Even with the rain, it does feel like spring here. It’s noticeably warmer, and the trees are blossoming and budding leaves. Of course I haven’t gotten around to getting a photo of this in Turin yet, so the picture for this post is from Baltimore the other week.

Fortunately, I don’t get hayfever, with one exception. On International Women’s Day in early March, the tradition in Italy is to give women wattle flowers. There’s a whole separate blog post that could be written about “getting flowers” vs “getting equality”, but I have a more immediate complaint about the practice: I am allergic to the flowers. Sitting on the tram in the evening of March 8, with every woman on board carrying a sprig of wattle bloom, was a rather eye-watering, itchy-nosed experience.

(Also eye-watering was the terrible pun thread that resulted when I posted about this on facebook, starting with, “Wattle you do, Zoe?” and going downhill from there to a horrifying low from my own mother of, “Aunty Hesta means to provide her some relief soon”. Muuuuum!)

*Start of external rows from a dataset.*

-- ===== src/EcsTask/Main/Twice.antt =====
-- A second run of the module finds what the first one registered.
use community_aws.Base.{
  ℕ, String, ◌≡◌, refl, sym, ◌∙◌, inl, inr, true, false, Option, none, some, List, [], ◌∷◌, ◌++◌,
  string_eq, nat_eq, bool_eq, option_eq, key_error, value_error, type_error, index_error,
  unbound_local_error, fail_json, client_error, ok, Result-cases, ok_inj,
}
use mathlib.Core.Path.{subst}
use community_aws.Base.Run.{done, return_, lift, ◌>>=◌, bind-eq-done, done_inj}
use community_aws.EcsTask.Values.{Fields}
use community_aws.EcsTask.Match.{TaskDef, Requested, task_definition_matches, find_existing}
use community_aws.EcsTask.Match.Same.{
  Filling, IsCurrent, IsComplete, task_definition_matches-current,
}
use community_aws.EcsTask.Register.{Host, Registration, with_environment, validated_containers}
use community_aws.EcsTask.Manager.{
  Ecs, registration, describe_task_definitions, register_call, register_task,
}
use community_aws.EcsTask.Main.{
  present, Params, Report, check_botocore, check_present, given_revision, requested,
  existing_definition, unchanged, changed_to, create, use_or_create, ensure_present, main,
}
use community_aws.EcsTask.Main.Next.{lift_done}
use community_aws.EcsTask.Main.Present.{main-present, ensure_present-done}

find_existing-append :
    (r : Requested) (tds l : List TaskDef)
    → find_existing r tds ≡ ok none
    → find_existing r (tds ++ l) ≡ find_existing r l
unfolding find_existing
find_existing-append r [] l h = refl
find_existing-append r (td ∷ tds) l h = elim (Result-cases (task_definition_matches r td)) [
  | inr (e, failed) ↦ cc (rw failed at h)
  | inl (true, same) ↦ cc (rw same at h)
  | inl (false, other) ↦ rw other (find_existing-append r tds l (rw other at h))
]

-- What a registration leaves: the service lists it behind the definitions of the family that it listed
-- before, active, with the role that was asked for, and with the volumes and containers, into which
-- it fills what it likes.
pub record IsRegistering (c : Ecs) (pages : ℕ) (f : Filling) : Type 0 where
  pub lists :
      (r : Registration) (w w' : c.World) (td : TaskDef) (tds : List TaskDef)
      → c.register_task_definition r w ≡ ok (td, w')
      → describe_task_definitions c pages r.family w ≡ done (tds, w)
      → describe_task_definitions c pages r.family w' ≡ done (tds ++ td ∷ [], w')
  pub registers :
      (r : Registration) (w w' : c.World) (td : TaskDef)
      → c.register_task_definition r w ≡ ok (td, w')
      → IsCurrent f
          (record {
            volumes = r.volumes;
            containers = r.container_definitions;
            task_role_arn = r.task_role_arn;
          })
          td

register_call-done :
    (c : Ecs) (r : Registration) (w w' : c.World) (td : TaskDef)
    → register_call c r w ≡ done (td, w')
    → c.register_task_definition r w ≡ ok (td, w')
register_call-done c r w w' td h = elim (Result-cases (c.register_task_definition r w)) [
  | inl ((x, v), e) ↦ let k = done_inj (rw (e, register_call) at h) in e ∙ rw (k.0, k.1) refl
  | inr (client_error m, e) ↦ cc (rw (e, register_call) at h)
  | inr (key_error m, e) ↦ cc (rw (e, register_call) at h)
  | inr (fail_json m, e) ↦ cc (rw (e, register_call) at h)
  | inr (value_error, e) ↦ cc (rw (e, register_call) at h)
  | inr (type_error, e) ↦ cc (rw (e, register_call) at h)
  | inr (index_error, e) ↦ cc (rw (e, register_call) at h)
  | inr (unbound_local_error, e) ↦ cc (rw (e, register_call) at h)
]

-- what a run for `present` without a revision is asked for
pub record IsAsked (h : Host) (p : Params) (f : Filling) (l : List Fields) : Type 0 where
  pub is_present : p.state ≡ present
  pub no_revision : given_revision p.revision ≡ none
  pub not_forced : p.force_create ≡ false
  pub no_check : p.check_mode ≡ false
  -- the containers, with the texts of their environments
  pub texts : with_environment h p.containers ≡ ok l
  -- their numbers are integers already
  pub numbers : validated_containers h p.network_mode l ≡ ok l
  -- what the service fills in makes no difference
  pub complete : IsComplete f (requested p l)

module _ (c : Ecs) (h : Host) (pages : ℕ) (p : Params) (f : Filling) (l : List Fields)
    (a : IsAsked h p f l) where
  abbrev asked_registration : String → Registration
  asked_registration family =
      registration family p.task_role_arn p.execution_role_arn p.network_mode l p.volumes
        p.launch_type p.cpu p.memory

  create-registers :
      (family : String) (w w' : c.World) (report : Report)
      → create c h pages p family l w ≡ done (report, w')
      → (td : TaskDef) × (report ≡ changed_to (some td))
        × (c.register_task_definition (asked_registration family) w ≡ ok (td, w'))
  unfolding create register_task
  create-registers family w w' report ran =
      let (td, v, registered, after) =
        bind-eq-done (register_call c (asked_registration family))
          (λ td. return_ (changed_to (some td))) w w' report
          (rw (a.no_check, a.numbers, ◌>>=◌) at ran) in
      let e = done_inj after in
      (
        td,
        sym e.0,
        register_call-done c (asked_registration family) w w' td (
            subst (λ x. register_call c (asked_registration family) w ≡ done (td, x)) e.1
              registered),
      )

  existing_definition-searched :
      (tds : List TaskDef) → existing_definition p l tds ≡ find_existing (requested p l) tds
  unfolding existing_definition
  existing_definition-searched tds = rw (a.no_revision, existing_definition) refl

  -- a run that finds a definition
  main-found :
      (family : String) (tds : List TaskDef) (td : TaskDef) (w : c.World)
      → check_botocore h p ≡ ok tt
      → check_present p ≡ ok family
      → describe_task_definitions c pages family w ≡ done (tds, w)
      → find_existing (requested p l) tds ≡ ok (some td)
      → main c h pages p w ≡ done (unchanged (some td), w)
  unfolding main ensure_present
  main-found family tds td w new checked described found =
      rw
        (
          new,
          ◌>>=◌,
          a.texts,
          a.is_present,
          checked,
          described,
          existing_definition-searched tds,
          found,
          a.not_forced,
        )
        refl

  -- the definitions after a registration have one that matches
  registered-found :
      (law : IsRegistering c pages f) (family : String) (tds : List TaskDef) (td : TaskDef)
      (w w' : c.World)
      → c.register_task_definition (asked_registration family) w ≡ ok (td, w')
      → find_existing (requested p l) tds ≡ ok none
      → find_existing (requested p l) (tds ++ td ∷ []) ≡ ok (some td)
  unfolding find_existing
  registered-found law family tds td w w' registered missing =
      find_existing-append (requested p l) tds (td ∷ []) missing
      ∙ rw
          (task_definition_matches-current f (requested p l) td a.complete
            (law.registers (asked_registration family) w w' td registered))
          refl

  again :
      (law : IsRegistering c pages f) (family : String) (tds : List TaskDef) (o : Option TaskDef)
      (w w' : c.World) (report : Report)
      → check_botocore h p ≡ ok tt
      → check_present p ≡ ok family
      → describe_task_definitions c pages family w ≡ done (tds, w)
      → find_existing (requested p l) tds ≡ ok o
      → use_or_create c h pages p family l o w ≡ done (report, w')
      → main c h pages p w' ≡ done (unchanged report.taskdefinition, w')
  again law family tds none w w' report new checked described missing ran =
      let (td, e, registered) = create-registers family w w' report ran in
      rw e (
        main-found family (tds ++ td ∷ []) td w' new checked
          (law.lists (asked_registration family) w w' td tds registered described)
          (registered-found law family tds td w w' registered missing))
  again law family tds (some td) w w' report new checked described found ran =
      let e = done_inj (rw a.not_forced at ran) in
      subst (λ (x : Report). main c h pages p w' ≡ done (unchanged x.taskdefinition, w')) e.0
        (subst (λ v. main c h pages p v ≡ done (unchanged (some td), v)) e.1
          (main-found family tds td w new checked described found))

-- Where a run for `present`, without a revision, that is not forced and not in check mode, ends with a
-- report, a second run reports the same definition, unchanged, and leaves the service as it is:
-- it registers no revision again. The service may fill in what it likes, but what it fills into the
-- volumes and containers of this request has to be false, or to agree with what was asked for, and the
-- comparisons with it may not raise; the numbers of the containers have to be integers already.
pub main-twice :
    (c : Ecs) (h : Host) (pages : ℕ) (p : Params) (f : Filling) (l : List Fields) (w w' : c.World)
    (report : Report)
    → IsRegistering c pages f
    → IsAsked h p f l
    → main c h pages p w ≡ done (report, w')
    → main c h pages p w' ≡ done (unchanged report.taskdefinition, w')
unfolding main ensure_present
main-twice c h pages p f l w w' report law a ran =
    let (u, v0, new, next0) = bind-eq-done (lift (check_botocore h p)) _ w w' report ran in
    let (l', made, here) = main-present c h pages p w w' report a.is_present ran in
    let same : l' ≡ l = ok_inj (sym made ∙ a.texts) in
    let ran' = subst (λ x. ensure_present c h pages p x w ≡ done (report, w')) same here in
    let (family, tds, o, checked, described, decision, after) =
      ensure_present-done c h pages p l w w' report ran' in
    again c h pages p f l a law family tds o w w' report
      (lift_done (check_botocore h p) u w v0 new).0 checked described
      (sym (existing_definition-searched c h pages p f l a tds) ∙ decision) after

In other nose-related news, though: I was at my friends’ annual Easter Monday barbeque last week, and I could smell the meat cooking. This was quite exciting, because a) it was delicious, and b) last year, I wondered why everyone was so politely talking up how good the food smelt when there was clearly no odour coming off the barbeque — this was just before I realised I’d lost my sense of smell. So… Progress!